- **Raw data**:

-- ===== src/Fanout/Steps.antt =====
-- What every step of a fan-out keeps.
use mathlib.Core.List.{Memᴰ}
use mathlib.Core.List.Memᴰ.{head, tail}
use briefed.Base.{
  if-elim, ℕ, ◌+◌, ◌≡◌, refl, subst, String, List, [], ◌∷◌, ◌++◌, Bool, true, false, not, some,
  filter, str_eq, length, length-append, All, All-append, All-map, arith, eq_iff,
}
use briefed.Schedule.{is_due}
use briefed.Tables.{User, ConnectedAccount, save_user}
use briefed.Fanout.{
  IngestMessage, Deps, State, has_current_legal_consent, schedule_view, is_scanned, send_messages,
  acquire, enqueue, fan_out_user, fan_out_users, with_lock, message_for,
}

-- Why a message may be sent: its user is one of the given rows, has consented and is due, and its
-- account is one of the user's own, active and scanned.
module _ (deps : Deps) (now : ℕ) (users : List User) (accounts : List ConnectedAccount) where
  pub record Justified (m : IngestMessage) : Type 0 where
    pub user : User
    pub account : ConnectedAccount
    pub listed : Memᴰ user users
    pub consented : has_current_legal_consent user ≡ true
    pub due : is_due deps.zones now (schedule_view user) ≡ true
    pub owned : Memᴰ account accounts
    pub scanned : is_scanned user account ≡ true
    pub to_user : m.user_id ≡ user.id
    pub to_account : m.account_id ≡ account.id

-- A row that holds a lock taken at `now`.
abbrev pub HeldAt : ℕ → User → Type 0
HeldAt now u =
    ((run : String) × (u.current_run_id ≡ some run)) × (u.current_run_started_at ≡ some now)

abbrev pub IsLockedAt : ℕ → String → List User → Type 0
IsLockedAt now id users = All (λ u. u.id ≡ id → HeldAt now u) users

not-false : (b : Bool) → not b ≡ false → b ≡ true
not-false b h = ground arith

module _ (now : ℕ) (id run : String) where
  save_user-IsLockedAt_self :
      (users : List User) → IsLockedAt now id (save_user id (with_lock (some run) (some now)) users)
  unfolding save_user
  save_user-IsLockedAt_self [] = tt
  save_user-IsLockedAt_self (u ∷ users) =
      let rest = save_user-IsLockedAt_self users in
      (
        if-elim (λ v. v.id ≡ id → HeldAt now v) (str_eq u.id id) (λ same _. ((run, refl), refl))
            (λ other e. absurd (ground (arith, eq_iff u.id id))),
        rest,
      )

  save_user-IsLockedAt :
      (j : String) (users : List User)
      → IsLockedAt now j users
      → IsLockedAt now j (save_user id (with_lock (some run) (some now)) users)
  unfolding save_user
  save_user-IsLockedAt j [] h = tt
  save_user-IsLockedAt j (u ∷ users) h =
      let rest = save_user-IsLockedAt j users h.1 in
      (
        if-elim (λ v. v.id ≡ j → HeldAt now v) (str_eq u.id id) (λ same _. ((run, refl), refl))
            (λ other. h.0),
        rest,
      )

module _ (deps : Deps) (now : ℕ) (users : List User) (accounts : List ConnectedAccount) where
  -- The state of a tick that began with these rows.
  pub record Ticked (s : State) : Type 0 where
    pub accounts_kept : s.db.accounts ≡ accounts
    pub counted : s.enqueued ≡ length s.sent
    pub justified : All (Justified deps now users accounts) s.sent
    pub locked : All (λ m. IsLockedAt now m.user_id s.db.users) s.sent

  module _ (user : User) (run : String) where
    send_messages-Ticked :
        (todo : List ConnectedAccount) (s : State)
        → Ticked s
        → IsLockedAt now user.id s.db.users
        → All (λ a. Justified deps now users accounts (message_for deps user run a)) todo
        → Ticked (send_messages deps user run todo s).1
    unfolding send_messages message_for
    send_messages-Ticked [] s t held j = t
    send_messages-Ticked (a ∷ todo) s t held j =
        let m = message_for deps user run a in
        let s' : State = record s { sent = s.sent ++ m ∷ []; enqueued = s.enqueued + 1 } in
        let t' : Ticked s' = record {
          accounts_kept = t.accounts_kept;
          counted = omega (arith, t.counted, length-append s.sent (m ∷ []));
          justified =
              All-append (Justified deps now users accounts) s.sent (m ∷ []) t.justified (j.0, tt);
          locked =
              All-append (λ m'. IsLockedAt now m'.user_id s.db.users) s.sent (m ∷ []) t.locked
                (held, tt);
        } in
        if-elim (λ (r : Bool × State). Ticked r.1) (deps.accepts s.sent m)
          (λ _. send_messages-Ticked todo s' t' held j.1) (λ _. t)

  acquire-Ticked :
      (user : User) (todo : List ConnectedAccount) (s : State)
      → Ticked s
      → Ticked (acquire deps now user todo s)
  unfolding acquire
  acquire-Ticked user todo s t = record {
    accounts_kept = t.accounts_kept;
    counted = t.counted;
    justified = t.justified;
    locked =
        All-map
          (λ m h. save_user-IsLockedAt now user.id (deps.new_uuid s.ids) m.user_id s.db.users h)
          s.sent t.locked;
  }

  acquire-IsLockedAt :
      (user : User) (todo : List ConnectedAccount) (s : State)
      → IsLockedAt now user.id (acquire deps now user todo s).db.users
  unfolding acquire
  acquire-IsLockedAt user todo s =
      save_user-IsLockedAt_self now user.id (deps.new_uuid s.ids) s.db.users

  enqueue-Ticked :
      (user : User) (todo : List ConnectedAccount) (s : State)
      → Ticked s
      → ((run : String)
          → All (λ a. Justified deps now users accounts (message_for deps user run a)) todo)
      → Ticked (enqueue deps now user todo s).1
  unfolding enqueue
  enqueue-Ticked user [] s t j = t
  enqueue-Ticked user (a ∷ todo) s t j =
      send_messages-Ticked user (deps.new_uuid s.ids) (a ∷ todo)
        (acquire deps now user (a ∷ todo) s) (acquire-Ticked user (a ∷ todo) s t)
        (acquire-IsLockedAt user (a ∷ todo) s) (j (deps.new_uuid s.ids))

  scanned-Justified :
      (user : User)
      → Memᴰ user users
      → has_current_legal_consent user ≡ true
      → is_due deps.zones now (schedule_view user) ≡ true
      → (xs : List ConnectedAccount) → ((a : ConnectedAccount) → Memᴰ a xs → Memᴰ a accounts)
      → (run : String)
      → All
          (λ a. Justified deps now users accounts (message_for deps user run a))
          (filter (is_scanned user) xs)
  unfolding message_for
  scanned-Justified user listed consented due [] within run = tt
  scanned-Justified user listed consented due (a ∷ xs) within run =
      let rest = scanned-Justified user listed consented due xs (λ b m. within b (tail m)) run in
      if-elim (All (λ b. Justified deps now users accounts (message_for deps user run b)))
        (is_scanned user a)
        (λ scanned. (
          record {
            user = user;
            account = a;
            listed = listed;
            consented = consented;
            due = due;
            owned = within a (head refl);
            scanned = scanned;
            to_user = refl;
            to_account = refl;
          },
          rest,
        ))
        (λ _. rest)

  fan_out_user-Ticked :
      (user : User) (s : State)
      → Memᴰ user users
      → Ticked s
      → Ticked (fan_out_user deps now user s).1
  unfolding fan_out_user
  fan_out_user-Ticked user s listed t =
      if-elim (λ (r : Bool × State). Ticked r.1) (not (has_current_legal_consent user)) (λ _. t)
        (λ consented.
          if-elim (λ (r : Bool × State). Ticked r.1)
            (not (is_due deps.zones now (schedule_view user))) (λ _. t)
            (λ due. enqueue-Ticked user (filter (is_scanned user) s.db.accounts) s t (
              scanned-Justified user listed (not-false _ consented) (not-false _ due) s.db.accounts
                (λ a m. subst (Memᴰ a) t.accounts_kept m))))

  pub fan_out_users-Ticked :
      (todo : List User) (s : State)
      → ((u : User) → Memᴰ u todo → Memᴰ u users)
      → Ticked s
      → Ticked (fan_out_users deps now todo s).1
  unfolding fan_out_users
  fan_out_users-Ticked [] s listed t = t
  fan_out_users-Ticked (user ∷ todo) s listed t =
      let s' : State = (fan_out_user deps now user s).1 in
      let t' : Ticked s' = fan_out_user-Ticked user s (listed user (head refl)) t in
      if-elim (λ (r : Bool × State). Ticked r.1) (fan_out_user deps now user s).0
        (λ _. fan_out_users-Ticked todo s' (λ u m. listed u (tail m)) t') (λ _. t')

- **Directions**: Search the entries for the word "head" and pick out every line that holds it.

- **Answer to this task**:
use mathlib.Core.List.Memᴰ.{head, tail}
            owned = within a (head refl);
      let t' : Ticked s' = fan_out_user-Ticked user s (listed user (head refl)) t in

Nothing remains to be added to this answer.